Q: How can I reproduce this issue?
A: To reproduce this issue, follow these steps:
- Install a self-signed cert that has a matching Git LFS server hostname in the CN.
- Attempt to pull or push LFS files.
Q: What is the output of git lfs env?
A: The output of git lfs env will display the Git LFS environment variables, including the endpoint, local working directory, and local Git directory.

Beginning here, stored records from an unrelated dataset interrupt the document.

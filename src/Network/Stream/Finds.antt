-- ===== src/Network/Stream/Finds.antt =====
-- What is read from the block of a buffer that holds a byte string, and where a message is found.
use whosecoin_core.Base.{
  ℕ, zero, suc, ◌+◌, ◌-◌, ◌%◌, ◌^◌, ◌≤◌, ◌≡◌, refl, ap, ◌∙◌, subst, arith, true, false, Option,
  none, some, List, [], ◌∷◌, ◌++◌, map, append-nil, leb, ◌==◌, length, length-append, length-drop,
  take, drop, take-append, Returns, ok, ◌>>=◌,
}
use whosecoin_core.Bytes.{be_bytes, length-be_bytes}
use whosecoin_core.Buffer.{Buffer, initialised, splice}
use whosecoin_core.Buffer.Refines.{Holds, length-map-some}
use whosecoin_core.Message.{message_get_magic, load}
use whosecoin_core.Message.Header.{load-at}
use whosecoin_core.Network.{message_magic_number, message_header_size}
use whosecoin_core.Network.Stream.{bytes_at, find_from, find_message_start}

initialised-drop :
    (bs : List ℕ) (spare : List (Option ℕ)) (n i : ℕ)
    → i + n ≤ length bs
    → initialised n (drop i (map some bs ++ spare)) ≡ ok (take n (drop i bs))
unfolding initialised
initialised-drop bs spare zero i h = refl
initialised-drop [] spare (suc n) i h = absurd (omega arith)
initialised-drop (b ∷ bs) spare (suc n) zero h =
    rw (initialised-drop bs spare n 0 (omega arith)) refl
initialised-drop (b ∷ bs) spare (suc n) (suc i) h =
    initialised-drop bs spare (suc n) i (omega arith)

pub bytes_at-Holds :
    (buf : Buffer) (bs : List ℕ) (n i : ℕ)
    → Holds buf bs
    → i + n ≤ length bs
    → bytes_at n i buf ≡ ok (take n (drop i bs))
unfolding bytes_at
bytes_at-Holds buf bs n i h room = rw h.layout (initialised-drop bs h.spare n i room)

take-drop-map :
    (xs ys : List ℕ) (spare : List (Option ℕ))
    → take (length ys) (drop (length xs) (map some (xs ++ ys) ++ spare)) ≡ map some ys
take-drop-map [] ys spare =
    subst (λ n. take n (map {B = Option ℕ} some ys ++ spare) ≡ map some ys) (length-map-some ys)
      (take-append (map some ys) spare)
take-drop-map (x ∷ xs) ys spare = take-drop-map xs ys spare

-- What follows the bytes that are spliced out stays.
pub splice-Holds :
    (n : ℕ) (buf : Buffer) (xs ys : List ℕ)
    → length xs ≡ n
    → Holds buf (xs ++ ys)
    → Returns (splice n buf) λ c. Holds c ys
unfolding splice
splice-Holds n buf xs ys e h =
    let total = length-append xs ys in
    let fits : leb n buf.length_field ≡ true = ground (arith, h.counted, total) in
    let left : buf.length_field - n ≡ length ys = omega (arith, h.counted, total) in
    let front : take (length ys) (drop n buf.bytes) ≡ map some ys = rw h.layout (
      subst
        (λ k.
          take (length ys) (drop k (map {B = Option ℕ} some (xs ++ ys) ++ h.spare)) ≡ map some ys)
        e (take-drop-map xs ys h.spare)) in
    let cells : length buf.bytes ≡ length (xs ++ ys) + length h.spare = rw h.layout (
      length-append (map {B = Option ℕ} some (xs ++ ys)) h.spare
      ∙ ap (λ k. k + length h.spare) (length-map-some (xs ++ ys))) in
    let after : Buffer = record buf {
      length_field = length ys;
      bytes = take (length ys) (drop n buf.bytes) ++ drop (length ys) buf.bytes;
    } in
    let held : Holds after ys = record {
      spare = drop (length ys) buf.bytes;
      layout = ap (λ (cs : List (Option ℕ)). cs ++ drop (length ys) buf.bytes) front;
      counted = refl;
      roomy = omega (arith, h.roomy, total);
      allocated = omega (arith, cells, h.allocated, length-drop (length ys) buf.bytes);
      word = h.word;
    } in
    (after, rw (fits, splice, left) refl, held)

-- The first four bytes are the magic number.
pub find_message_start-first :
    (buf : Buffer) (after : List ℕ)
    → Holds buf (be_bytes 4 message_magic_number ++ after)
    → 22 ≤ length after
    → find_message_start buf ≡ ok (some 0)
unfolding find_message_start message_get_magic
find_message_start-first buf after h long =
    let magic = be_bytes 4 message_magic_number in
    let four = length-be_bytes 4 message_magic_number in
    let total = length-append magic after in
    let rounds : (buf.length_field + 2 ^ 64 - message_header_size + 1) % 2 ^ 64
        ≡ suc (length after - 22) =
      omega (arith, h.counted, h.roomy, h.word, four, total) in
    let front : take 4 (magic ++ after) ≡ magic =
      subst (λ k. take k (magic ++ after) ≡ magic) four (take-append magic after) in
    let read : load 4 0 magic ≡ ok message_magic_number =
      subst (λ w. load 4 0 w ≡ ok message_magic_number) (append-nil magic)
        (load-at 4 0 message_magic_number [] [] refl (omega arith)) in
    let seen = bytes_at-Holds buf (magic ++ after) 4 0 h (omega (arith, four, total)) in
    rw (rounds, find_from, seen, ◌>>=◌, front, read) refl

-- The magic number stands nowhere that it is looked for.
abbrev pub IsQuiet : List ℕ → Type 0
IsQuiet tail =
    (i : ℕ)
    → i + message_header_size ≤ length tail
    → (m : ℕ) × (message_get_magic (take 4 (drop i tail)) ≡ ok m)
      × ((m == message_magic_number) ≡ false)

find_from-quiet :
    (left i : ℕ) (buf : Buffer) (tail : List ℕ)
    → Holds buf tail
    → IsQuiet tail
    → i + left + 25 ≤ length tail
    → find_from left buf i ≡ ok none
unfolding find_from
find_from-quiet zero i buf tail h quiet room = refl
find_from-quiet (suc left) i buf tail h quiet room =
    let (m, read, other) = quiet i (omega arith) in
    let rest = find_from-quiet left (i + 1) buf tail h quiet (omega arith) in
    rw (bytes_at-Holds buf tail 4 i h (omega arith), ◌>>=◌, read, ◌>>=◌, other, find_from) rest

pub find_message_start-quiet :
    (buf : Buffer) (tail : List ℕ)
    → Holds buf tail
    → IsQuiet tail
    → 25 ≤ length tail
    → find_message_start buf ≡ ok none
unfolding find_message_start
find_message_start-quiet buf tail h quiet long =
    let rounds : (buf.length_field + 2 ^ 64 - message_header_size + 1) % 2 ^ 64 ≡ length tail - 25 =
      omega (arith, h.counted, h.roomy, h.word) in
    rw rounds (find_from-quiet (length tail - 25) 0 buf tail h quiet (omega arith))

Q: How can I modify the Git LFS code to filter certificates?
A: You can modify the appendRootCAsFromKeychain function to filter certificates based on an exact CN match. The modified code will parse the PEM data into individual certificates and only include those with an exact CN match.
Q: What is the modified code for filtering certificates?
A: The modified code is as follows:
diff --git a/lfshttp/certs_darwin.go b/lfshttp/certs_darwin.go
index 232e9871..547ff4f1 100644
--- a/lfshttp/certs_darwin.go
+++ b/lfshttp/certs_darwin.go
@@ -1,7 +1,9 @@
package lfshttp
import (
+ "bytes"
"crypto/x509"
+ "encoding/pem"
"regexp"
"strings"
@@ -57,8 +59,8 @@ func appendRootCAsForHostFromPlatform(pool *x509.CertPool, host string) *x509.Ce
return pool
}
-func appendRootCAsFromKeychain(pool *x509.CertPool, name, keychain string) *x509.CertPool {
- cmd, err := subprocess.ExecCommand("/usr/bin/security", "find-certificate", "-a", "-p", "-c", name, keychain)
+func appendRootCAsFromKeychain(pool *x509.CertPool, hostname, keychain string) *x509.CertPool {
+ cmd, err := subprocess.ExecCommand("/usr/bin/security", "find-certificate", "-a", "-p", "-c", hostname, keychain)
if err != nil {
tracerx.Printf("Error getting command to read keychain %q: %v", keychain, err)
return pool
@@ -68,5 +70,39 @@ func appendRootCAsFromKeychain(pool *x509.CertPool, name, keychain string) *x509
tracerx.Printf("Error reading keychain %q: %v", keychain, err)
pool
}
- return appendCertsFromPEMData(pool, data)
+
+ // Parse PEM data into individual certificates
+ pemBlocks := []byte(data)
+ var validCerts [][]byte
+
+ for len(pemBlocks) > 0 {
+ var block *pem.Block
+ block, pemBlocks = pem.Decode(pemBlocks)
+ if block == nil {
+ break
+ }
+ if block.Type != "CERTIFICATE" {
+ continue
+ }
+
+ cert, err := x509.ParseCertificate(block.Bytes)
+ if err != nil {
+ continue
+ }
+
+ // Only include certificates with an exact CN match
+ if strings.ToLower(cert.Subject.CommonName) == strings.ToLower(hostname) {
+ validCerts = append(validCerts, pem.EncodeToMemory(block))
+ } else {
+ tracerx.Printf("Skipping certificate with non-exact CN match: %s", cert.Subject.CommonName)
+ }
+ }
+
+ // Add only the filtered certificates
+ if len(validCerts) > 0 {
+ allCerts := bytes.Join(validCerts, []byte{})
+ appendCertsFromPEMData(pool, allCerts)
+ }
+
+ return pool
}
Q: How can I resolve this issue?
A: To resolve this issue, you can modify the Git LFS code to filter certificates based on an exact CN match, as shown in the modified code above. Alternatively, you can remove the self-signed JAMF CA certificate from the trust store.